═════ AVAILABLE RECORDS ═════

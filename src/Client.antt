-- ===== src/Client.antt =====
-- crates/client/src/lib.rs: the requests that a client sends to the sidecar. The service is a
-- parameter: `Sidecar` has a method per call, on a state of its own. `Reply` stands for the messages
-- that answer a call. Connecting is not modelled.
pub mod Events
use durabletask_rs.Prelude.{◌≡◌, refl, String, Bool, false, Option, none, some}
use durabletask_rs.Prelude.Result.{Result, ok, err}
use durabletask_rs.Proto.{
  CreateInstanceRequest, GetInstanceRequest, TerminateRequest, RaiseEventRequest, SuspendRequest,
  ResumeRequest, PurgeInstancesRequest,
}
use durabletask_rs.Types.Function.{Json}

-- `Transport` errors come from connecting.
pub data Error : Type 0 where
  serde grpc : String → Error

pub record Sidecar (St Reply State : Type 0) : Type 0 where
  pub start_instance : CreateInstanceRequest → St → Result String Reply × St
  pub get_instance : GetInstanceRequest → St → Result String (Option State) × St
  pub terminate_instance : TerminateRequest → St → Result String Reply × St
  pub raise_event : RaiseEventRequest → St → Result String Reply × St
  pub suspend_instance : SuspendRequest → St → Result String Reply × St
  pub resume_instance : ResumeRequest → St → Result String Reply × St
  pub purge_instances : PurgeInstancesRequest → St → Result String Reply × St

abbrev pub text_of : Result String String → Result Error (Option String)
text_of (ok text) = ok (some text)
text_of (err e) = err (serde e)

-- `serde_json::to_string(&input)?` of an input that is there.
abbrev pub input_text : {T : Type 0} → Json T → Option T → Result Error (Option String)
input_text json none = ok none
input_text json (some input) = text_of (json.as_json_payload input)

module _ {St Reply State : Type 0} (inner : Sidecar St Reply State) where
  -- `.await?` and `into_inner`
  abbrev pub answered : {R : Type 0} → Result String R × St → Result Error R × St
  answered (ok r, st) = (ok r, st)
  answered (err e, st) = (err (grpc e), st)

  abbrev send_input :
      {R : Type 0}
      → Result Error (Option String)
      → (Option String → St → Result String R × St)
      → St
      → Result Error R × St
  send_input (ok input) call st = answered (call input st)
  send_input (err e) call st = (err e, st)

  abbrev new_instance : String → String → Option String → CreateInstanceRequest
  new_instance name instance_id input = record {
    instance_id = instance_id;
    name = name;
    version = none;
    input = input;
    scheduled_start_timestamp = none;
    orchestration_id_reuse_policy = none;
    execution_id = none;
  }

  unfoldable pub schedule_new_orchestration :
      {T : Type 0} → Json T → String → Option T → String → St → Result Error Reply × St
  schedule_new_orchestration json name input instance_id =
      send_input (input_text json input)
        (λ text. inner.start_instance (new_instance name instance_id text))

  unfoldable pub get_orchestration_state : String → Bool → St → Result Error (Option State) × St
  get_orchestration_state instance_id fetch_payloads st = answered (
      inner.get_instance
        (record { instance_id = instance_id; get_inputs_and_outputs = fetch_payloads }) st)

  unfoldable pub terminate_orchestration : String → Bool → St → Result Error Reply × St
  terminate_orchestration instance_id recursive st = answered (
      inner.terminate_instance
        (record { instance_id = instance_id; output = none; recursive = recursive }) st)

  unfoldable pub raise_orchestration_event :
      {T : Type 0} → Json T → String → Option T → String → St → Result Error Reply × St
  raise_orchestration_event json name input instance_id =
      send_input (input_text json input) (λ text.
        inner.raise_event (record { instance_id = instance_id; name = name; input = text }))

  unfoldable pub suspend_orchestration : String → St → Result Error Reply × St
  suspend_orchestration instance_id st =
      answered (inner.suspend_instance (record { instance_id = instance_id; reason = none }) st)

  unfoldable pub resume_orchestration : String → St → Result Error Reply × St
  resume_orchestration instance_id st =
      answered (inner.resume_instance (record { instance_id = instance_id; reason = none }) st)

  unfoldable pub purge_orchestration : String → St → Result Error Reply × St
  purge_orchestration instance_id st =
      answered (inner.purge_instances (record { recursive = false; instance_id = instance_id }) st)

═════
═════ AVAILABLE RECORDS ═════

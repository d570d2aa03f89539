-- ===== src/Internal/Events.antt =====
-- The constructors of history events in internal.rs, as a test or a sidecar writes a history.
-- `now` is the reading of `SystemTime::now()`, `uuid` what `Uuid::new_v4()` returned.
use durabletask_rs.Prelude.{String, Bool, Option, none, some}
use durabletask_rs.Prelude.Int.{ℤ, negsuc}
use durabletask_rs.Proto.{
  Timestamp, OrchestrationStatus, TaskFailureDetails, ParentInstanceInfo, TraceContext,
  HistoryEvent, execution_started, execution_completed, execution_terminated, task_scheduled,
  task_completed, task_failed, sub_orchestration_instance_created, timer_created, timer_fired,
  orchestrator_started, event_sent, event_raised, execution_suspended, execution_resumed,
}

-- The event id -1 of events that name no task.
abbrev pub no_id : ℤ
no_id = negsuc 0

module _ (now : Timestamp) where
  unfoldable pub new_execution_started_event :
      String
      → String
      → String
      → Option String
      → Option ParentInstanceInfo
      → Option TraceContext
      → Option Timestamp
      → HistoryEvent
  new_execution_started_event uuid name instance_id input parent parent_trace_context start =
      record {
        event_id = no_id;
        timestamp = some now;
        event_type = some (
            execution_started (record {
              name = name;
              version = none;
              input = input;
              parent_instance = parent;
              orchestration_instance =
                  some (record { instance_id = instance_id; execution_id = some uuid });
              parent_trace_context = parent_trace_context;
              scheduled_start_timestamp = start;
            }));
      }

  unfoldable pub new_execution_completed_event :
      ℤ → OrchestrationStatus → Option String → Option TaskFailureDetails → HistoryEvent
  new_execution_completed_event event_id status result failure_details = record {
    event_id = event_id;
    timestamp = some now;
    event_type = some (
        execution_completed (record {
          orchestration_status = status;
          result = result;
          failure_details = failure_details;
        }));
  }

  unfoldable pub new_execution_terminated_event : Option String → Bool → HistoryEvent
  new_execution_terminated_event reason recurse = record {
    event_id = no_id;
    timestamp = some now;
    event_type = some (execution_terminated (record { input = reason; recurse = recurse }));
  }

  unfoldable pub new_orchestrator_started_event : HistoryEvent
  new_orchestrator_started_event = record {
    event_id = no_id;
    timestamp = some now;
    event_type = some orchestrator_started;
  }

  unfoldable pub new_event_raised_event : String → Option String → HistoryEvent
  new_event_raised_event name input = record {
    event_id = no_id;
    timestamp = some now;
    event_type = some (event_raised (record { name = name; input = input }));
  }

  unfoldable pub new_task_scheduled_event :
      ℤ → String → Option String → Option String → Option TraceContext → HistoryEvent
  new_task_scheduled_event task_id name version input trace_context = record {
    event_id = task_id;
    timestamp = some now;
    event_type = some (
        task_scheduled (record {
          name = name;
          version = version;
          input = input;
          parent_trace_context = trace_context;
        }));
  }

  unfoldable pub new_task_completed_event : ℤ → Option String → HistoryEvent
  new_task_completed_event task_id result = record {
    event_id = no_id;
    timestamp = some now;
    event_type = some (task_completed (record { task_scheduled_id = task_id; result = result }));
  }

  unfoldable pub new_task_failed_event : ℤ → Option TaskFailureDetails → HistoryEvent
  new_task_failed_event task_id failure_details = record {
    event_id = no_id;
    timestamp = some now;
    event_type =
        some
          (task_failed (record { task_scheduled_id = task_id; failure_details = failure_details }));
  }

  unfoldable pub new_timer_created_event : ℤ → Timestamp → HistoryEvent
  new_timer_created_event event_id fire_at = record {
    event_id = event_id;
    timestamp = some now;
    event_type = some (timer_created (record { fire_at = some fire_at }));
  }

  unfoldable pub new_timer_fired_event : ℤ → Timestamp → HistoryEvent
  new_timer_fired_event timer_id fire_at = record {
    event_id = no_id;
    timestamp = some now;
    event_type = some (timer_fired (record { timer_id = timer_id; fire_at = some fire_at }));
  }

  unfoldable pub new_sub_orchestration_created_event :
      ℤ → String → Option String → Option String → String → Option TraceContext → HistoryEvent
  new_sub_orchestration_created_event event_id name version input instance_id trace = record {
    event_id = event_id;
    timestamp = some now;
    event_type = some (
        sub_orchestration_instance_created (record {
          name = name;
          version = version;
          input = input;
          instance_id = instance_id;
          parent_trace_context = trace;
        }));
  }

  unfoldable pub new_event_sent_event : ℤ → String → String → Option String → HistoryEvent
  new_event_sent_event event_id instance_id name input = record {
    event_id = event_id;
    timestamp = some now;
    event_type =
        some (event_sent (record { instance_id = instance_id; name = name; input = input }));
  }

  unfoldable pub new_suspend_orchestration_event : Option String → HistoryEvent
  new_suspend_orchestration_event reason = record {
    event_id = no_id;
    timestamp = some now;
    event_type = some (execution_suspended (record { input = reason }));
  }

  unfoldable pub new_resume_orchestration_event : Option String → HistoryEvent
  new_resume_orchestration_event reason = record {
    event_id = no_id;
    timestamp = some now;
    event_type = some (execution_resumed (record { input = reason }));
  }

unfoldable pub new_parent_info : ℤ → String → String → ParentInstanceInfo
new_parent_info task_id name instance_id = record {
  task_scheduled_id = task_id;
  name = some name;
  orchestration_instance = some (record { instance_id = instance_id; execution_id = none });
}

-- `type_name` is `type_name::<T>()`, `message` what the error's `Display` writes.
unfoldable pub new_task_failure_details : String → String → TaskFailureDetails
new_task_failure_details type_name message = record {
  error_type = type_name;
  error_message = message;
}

═════

Your answer should consist of each line of the data above in which the word "version" occurs.

    version = none;
              version = none;
  new_task_scheduled_event task_id name version input trace_context = record {
          version = version;
  new_sub_orchestration_created_event event_id name version input instance_id trace = record {
          version = version;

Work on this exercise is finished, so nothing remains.